### WHAT IS EXPECTED:
Show every line of the material that follows in which the word "beyond" occurs.

----------------

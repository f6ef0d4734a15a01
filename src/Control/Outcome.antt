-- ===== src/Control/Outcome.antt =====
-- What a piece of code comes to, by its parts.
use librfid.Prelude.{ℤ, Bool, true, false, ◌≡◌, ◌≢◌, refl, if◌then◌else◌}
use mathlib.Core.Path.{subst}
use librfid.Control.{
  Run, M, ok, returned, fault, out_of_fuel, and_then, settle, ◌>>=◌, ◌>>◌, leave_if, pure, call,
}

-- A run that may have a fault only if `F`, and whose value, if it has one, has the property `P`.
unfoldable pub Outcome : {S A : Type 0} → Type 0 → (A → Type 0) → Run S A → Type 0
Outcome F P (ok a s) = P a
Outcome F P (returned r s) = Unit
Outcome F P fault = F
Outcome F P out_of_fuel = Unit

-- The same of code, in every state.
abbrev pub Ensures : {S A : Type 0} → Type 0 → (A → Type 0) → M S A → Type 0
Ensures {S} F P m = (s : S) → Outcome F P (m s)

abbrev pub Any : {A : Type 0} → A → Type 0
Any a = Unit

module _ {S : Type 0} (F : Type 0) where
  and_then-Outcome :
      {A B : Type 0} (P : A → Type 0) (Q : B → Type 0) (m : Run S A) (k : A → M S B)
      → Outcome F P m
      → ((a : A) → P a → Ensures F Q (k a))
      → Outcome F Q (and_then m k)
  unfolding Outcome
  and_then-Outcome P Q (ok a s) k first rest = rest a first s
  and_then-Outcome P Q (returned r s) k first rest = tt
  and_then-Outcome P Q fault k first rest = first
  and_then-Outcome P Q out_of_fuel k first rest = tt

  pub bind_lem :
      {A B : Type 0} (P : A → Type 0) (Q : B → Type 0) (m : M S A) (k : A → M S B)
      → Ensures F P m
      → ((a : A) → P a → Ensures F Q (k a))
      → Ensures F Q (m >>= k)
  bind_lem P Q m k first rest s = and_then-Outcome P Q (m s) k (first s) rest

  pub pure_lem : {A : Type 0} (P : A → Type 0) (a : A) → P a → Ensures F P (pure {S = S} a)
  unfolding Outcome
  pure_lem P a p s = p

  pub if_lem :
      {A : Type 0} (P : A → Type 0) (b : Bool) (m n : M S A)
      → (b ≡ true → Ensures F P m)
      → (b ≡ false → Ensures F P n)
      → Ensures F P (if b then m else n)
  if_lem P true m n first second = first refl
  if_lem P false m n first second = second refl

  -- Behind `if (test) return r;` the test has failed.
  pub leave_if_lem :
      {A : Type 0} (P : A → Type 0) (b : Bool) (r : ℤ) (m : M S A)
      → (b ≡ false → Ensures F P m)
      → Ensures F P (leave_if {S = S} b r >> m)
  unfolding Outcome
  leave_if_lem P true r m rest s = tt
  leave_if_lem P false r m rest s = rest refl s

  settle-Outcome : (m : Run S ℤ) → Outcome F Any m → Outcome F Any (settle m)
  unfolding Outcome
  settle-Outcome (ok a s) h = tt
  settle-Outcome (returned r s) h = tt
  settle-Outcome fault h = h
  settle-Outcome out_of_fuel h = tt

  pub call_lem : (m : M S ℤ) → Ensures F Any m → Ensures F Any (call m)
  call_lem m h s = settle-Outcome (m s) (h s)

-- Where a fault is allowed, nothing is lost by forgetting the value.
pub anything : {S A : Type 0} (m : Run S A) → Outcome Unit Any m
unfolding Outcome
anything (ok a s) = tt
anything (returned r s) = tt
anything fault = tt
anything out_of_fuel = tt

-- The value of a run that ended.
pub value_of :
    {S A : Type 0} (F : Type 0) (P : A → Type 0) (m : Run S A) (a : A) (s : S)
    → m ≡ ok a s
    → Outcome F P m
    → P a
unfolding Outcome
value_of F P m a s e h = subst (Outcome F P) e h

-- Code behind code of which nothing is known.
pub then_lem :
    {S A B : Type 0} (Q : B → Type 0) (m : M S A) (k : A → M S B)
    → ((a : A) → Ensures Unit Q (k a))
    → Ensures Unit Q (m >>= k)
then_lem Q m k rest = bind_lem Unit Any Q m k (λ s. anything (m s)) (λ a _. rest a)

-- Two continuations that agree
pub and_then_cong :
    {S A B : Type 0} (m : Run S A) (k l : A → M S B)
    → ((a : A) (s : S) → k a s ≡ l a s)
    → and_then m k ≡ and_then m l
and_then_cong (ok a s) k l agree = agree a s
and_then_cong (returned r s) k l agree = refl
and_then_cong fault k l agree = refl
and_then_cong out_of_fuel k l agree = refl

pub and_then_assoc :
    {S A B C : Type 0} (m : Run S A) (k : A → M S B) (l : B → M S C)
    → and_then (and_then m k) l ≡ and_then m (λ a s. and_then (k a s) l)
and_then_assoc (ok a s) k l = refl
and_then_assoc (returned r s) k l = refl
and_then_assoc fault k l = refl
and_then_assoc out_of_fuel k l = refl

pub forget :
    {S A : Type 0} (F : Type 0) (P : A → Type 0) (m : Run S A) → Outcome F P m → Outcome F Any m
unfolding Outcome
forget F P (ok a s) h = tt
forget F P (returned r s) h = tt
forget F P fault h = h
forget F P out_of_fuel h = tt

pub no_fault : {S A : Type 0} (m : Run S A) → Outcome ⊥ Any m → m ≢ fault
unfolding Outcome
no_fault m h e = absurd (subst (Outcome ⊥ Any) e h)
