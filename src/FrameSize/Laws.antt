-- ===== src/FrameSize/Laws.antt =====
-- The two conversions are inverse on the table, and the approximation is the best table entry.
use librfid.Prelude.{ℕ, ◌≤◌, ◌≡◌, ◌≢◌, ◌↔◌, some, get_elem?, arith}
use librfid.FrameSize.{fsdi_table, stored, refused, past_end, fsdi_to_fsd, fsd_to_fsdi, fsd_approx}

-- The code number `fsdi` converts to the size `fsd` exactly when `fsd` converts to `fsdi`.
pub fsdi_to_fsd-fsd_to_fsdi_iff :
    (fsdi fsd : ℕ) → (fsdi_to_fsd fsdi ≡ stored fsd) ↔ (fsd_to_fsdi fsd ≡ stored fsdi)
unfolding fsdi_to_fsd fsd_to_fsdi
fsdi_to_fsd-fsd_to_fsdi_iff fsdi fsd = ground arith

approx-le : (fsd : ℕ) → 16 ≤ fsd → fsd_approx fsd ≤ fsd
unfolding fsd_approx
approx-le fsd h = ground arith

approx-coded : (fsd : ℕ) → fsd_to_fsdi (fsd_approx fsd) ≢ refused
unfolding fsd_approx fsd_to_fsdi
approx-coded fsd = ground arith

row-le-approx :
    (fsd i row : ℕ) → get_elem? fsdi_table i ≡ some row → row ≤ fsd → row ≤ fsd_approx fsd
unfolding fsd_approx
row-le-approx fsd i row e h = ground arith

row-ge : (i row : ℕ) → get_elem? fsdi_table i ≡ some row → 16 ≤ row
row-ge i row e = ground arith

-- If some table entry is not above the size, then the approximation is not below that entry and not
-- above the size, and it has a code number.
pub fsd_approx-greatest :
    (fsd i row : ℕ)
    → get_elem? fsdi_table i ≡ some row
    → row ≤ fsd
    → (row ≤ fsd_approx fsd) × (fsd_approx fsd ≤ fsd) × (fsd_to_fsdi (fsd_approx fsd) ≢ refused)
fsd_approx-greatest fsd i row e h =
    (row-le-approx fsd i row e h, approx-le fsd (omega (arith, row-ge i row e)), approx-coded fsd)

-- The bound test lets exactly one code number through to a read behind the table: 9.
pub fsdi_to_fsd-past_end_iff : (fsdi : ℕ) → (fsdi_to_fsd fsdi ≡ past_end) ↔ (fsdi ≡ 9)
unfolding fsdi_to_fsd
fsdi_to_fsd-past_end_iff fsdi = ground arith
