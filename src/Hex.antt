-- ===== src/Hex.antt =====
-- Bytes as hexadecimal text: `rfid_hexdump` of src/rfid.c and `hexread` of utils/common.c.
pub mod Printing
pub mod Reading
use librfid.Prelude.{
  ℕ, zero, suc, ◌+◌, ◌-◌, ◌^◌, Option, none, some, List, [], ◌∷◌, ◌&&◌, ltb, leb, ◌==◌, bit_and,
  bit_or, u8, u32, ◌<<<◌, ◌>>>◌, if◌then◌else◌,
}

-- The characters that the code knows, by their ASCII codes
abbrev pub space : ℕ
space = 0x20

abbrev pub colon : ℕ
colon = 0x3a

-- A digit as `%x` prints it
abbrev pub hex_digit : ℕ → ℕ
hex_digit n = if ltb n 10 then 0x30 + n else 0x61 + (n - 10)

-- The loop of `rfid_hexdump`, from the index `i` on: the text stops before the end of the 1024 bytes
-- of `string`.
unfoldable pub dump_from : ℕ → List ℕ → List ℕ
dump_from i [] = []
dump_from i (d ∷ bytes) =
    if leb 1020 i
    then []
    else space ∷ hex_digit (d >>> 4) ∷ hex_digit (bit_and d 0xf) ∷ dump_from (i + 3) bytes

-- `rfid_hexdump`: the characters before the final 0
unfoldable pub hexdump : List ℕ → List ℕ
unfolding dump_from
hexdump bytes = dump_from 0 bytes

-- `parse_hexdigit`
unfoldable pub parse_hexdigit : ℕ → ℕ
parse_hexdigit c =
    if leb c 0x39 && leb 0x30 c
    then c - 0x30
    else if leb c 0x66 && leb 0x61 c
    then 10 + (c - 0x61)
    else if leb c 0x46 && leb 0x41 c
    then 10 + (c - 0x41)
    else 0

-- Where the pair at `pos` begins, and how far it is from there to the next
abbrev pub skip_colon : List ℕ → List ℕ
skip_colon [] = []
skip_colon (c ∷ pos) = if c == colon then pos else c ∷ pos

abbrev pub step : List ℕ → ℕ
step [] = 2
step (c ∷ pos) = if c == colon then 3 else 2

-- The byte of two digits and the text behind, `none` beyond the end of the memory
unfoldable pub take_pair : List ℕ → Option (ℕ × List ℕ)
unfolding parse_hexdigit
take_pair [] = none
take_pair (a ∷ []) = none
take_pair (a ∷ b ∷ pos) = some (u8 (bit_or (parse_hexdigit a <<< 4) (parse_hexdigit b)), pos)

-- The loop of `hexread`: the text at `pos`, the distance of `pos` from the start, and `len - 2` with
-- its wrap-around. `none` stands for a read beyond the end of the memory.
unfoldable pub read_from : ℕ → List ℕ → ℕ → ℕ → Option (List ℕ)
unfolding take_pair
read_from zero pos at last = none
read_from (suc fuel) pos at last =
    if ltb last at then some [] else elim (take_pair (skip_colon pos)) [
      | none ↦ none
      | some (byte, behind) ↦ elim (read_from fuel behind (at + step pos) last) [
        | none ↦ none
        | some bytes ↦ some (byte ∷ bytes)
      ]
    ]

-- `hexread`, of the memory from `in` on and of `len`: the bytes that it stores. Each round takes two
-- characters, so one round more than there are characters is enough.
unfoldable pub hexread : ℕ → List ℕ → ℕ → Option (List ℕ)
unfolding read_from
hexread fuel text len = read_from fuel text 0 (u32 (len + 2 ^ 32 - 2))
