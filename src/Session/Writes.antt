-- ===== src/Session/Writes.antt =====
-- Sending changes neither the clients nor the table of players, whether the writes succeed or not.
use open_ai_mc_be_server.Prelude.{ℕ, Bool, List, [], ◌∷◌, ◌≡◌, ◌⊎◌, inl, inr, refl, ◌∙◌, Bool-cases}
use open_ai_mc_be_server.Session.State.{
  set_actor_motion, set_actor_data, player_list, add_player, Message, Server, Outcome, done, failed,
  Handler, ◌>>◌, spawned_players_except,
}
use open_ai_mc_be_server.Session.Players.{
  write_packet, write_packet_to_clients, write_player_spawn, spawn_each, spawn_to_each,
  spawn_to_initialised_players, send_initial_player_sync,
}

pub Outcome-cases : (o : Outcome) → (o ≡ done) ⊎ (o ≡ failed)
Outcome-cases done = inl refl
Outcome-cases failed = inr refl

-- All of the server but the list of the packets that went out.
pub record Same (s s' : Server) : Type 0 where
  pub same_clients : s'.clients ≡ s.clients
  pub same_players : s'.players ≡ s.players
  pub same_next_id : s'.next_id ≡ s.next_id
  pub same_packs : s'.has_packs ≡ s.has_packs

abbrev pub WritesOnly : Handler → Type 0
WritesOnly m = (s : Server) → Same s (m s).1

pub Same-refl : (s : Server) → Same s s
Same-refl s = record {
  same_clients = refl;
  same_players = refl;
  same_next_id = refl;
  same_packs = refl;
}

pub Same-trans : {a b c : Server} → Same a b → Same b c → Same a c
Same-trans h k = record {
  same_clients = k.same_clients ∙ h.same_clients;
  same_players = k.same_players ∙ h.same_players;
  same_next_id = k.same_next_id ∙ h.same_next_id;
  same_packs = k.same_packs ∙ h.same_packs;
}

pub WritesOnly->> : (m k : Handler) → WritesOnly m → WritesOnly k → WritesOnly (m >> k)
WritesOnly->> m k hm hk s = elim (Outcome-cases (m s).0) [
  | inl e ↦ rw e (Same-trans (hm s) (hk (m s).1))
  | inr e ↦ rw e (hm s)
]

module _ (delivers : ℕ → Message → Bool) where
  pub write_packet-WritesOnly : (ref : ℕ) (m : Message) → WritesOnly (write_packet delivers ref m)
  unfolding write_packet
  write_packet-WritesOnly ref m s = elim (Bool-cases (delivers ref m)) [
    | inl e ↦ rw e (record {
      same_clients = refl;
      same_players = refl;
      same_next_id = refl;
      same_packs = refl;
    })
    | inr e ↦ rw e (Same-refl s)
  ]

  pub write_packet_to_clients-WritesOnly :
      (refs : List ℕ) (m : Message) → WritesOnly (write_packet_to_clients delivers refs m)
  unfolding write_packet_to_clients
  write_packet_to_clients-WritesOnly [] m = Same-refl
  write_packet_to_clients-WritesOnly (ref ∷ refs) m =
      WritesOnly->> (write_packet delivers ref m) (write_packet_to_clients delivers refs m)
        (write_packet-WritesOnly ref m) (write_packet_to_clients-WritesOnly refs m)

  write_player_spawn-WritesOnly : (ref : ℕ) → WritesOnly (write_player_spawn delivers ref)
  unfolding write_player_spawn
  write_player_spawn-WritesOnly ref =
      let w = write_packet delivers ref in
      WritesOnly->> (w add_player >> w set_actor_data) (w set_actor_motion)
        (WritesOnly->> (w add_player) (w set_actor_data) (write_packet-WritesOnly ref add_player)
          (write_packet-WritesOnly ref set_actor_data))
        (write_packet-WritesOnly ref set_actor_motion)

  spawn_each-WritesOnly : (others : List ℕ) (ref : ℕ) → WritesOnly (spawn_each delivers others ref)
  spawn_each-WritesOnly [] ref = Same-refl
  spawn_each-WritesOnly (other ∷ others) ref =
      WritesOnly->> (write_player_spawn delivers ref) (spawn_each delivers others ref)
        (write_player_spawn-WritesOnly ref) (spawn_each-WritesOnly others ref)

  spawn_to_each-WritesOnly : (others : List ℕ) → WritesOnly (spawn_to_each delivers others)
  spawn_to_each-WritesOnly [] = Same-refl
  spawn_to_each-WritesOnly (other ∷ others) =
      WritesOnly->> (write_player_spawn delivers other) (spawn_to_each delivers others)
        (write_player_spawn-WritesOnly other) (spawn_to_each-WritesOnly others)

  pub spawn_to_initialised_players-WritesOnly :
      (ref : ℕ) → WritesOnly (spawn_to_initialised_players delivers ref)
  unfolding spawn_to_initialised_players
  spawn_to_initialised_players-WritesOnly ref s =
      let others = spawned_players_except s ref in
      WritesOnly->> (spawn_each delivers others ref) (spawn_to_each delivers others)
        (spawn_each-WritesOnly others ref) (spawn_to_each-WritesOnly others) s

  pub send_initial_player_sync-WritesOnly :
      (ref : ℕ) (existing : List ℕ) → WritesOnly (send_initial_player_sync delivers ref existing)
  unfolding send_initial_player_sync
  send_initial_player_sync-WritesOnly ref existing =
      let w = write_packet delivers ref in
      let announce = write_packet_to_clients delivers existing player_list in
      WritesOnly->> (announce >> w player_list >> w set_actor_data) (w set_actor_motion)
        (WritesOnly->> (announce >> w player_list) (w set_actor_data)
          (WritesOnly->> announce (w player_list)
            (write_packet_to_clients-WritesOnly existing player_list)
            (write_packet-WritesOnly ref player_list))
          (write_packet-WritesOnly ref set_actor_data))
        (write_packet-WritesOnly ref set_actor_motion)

----------------

### SOLUTION FOR THIS TASK:
-- The byte of two digits and the text behind, `none` beyond the end of the memory
-- its wrap-around. `none` stands for a read beyond the end of the memory.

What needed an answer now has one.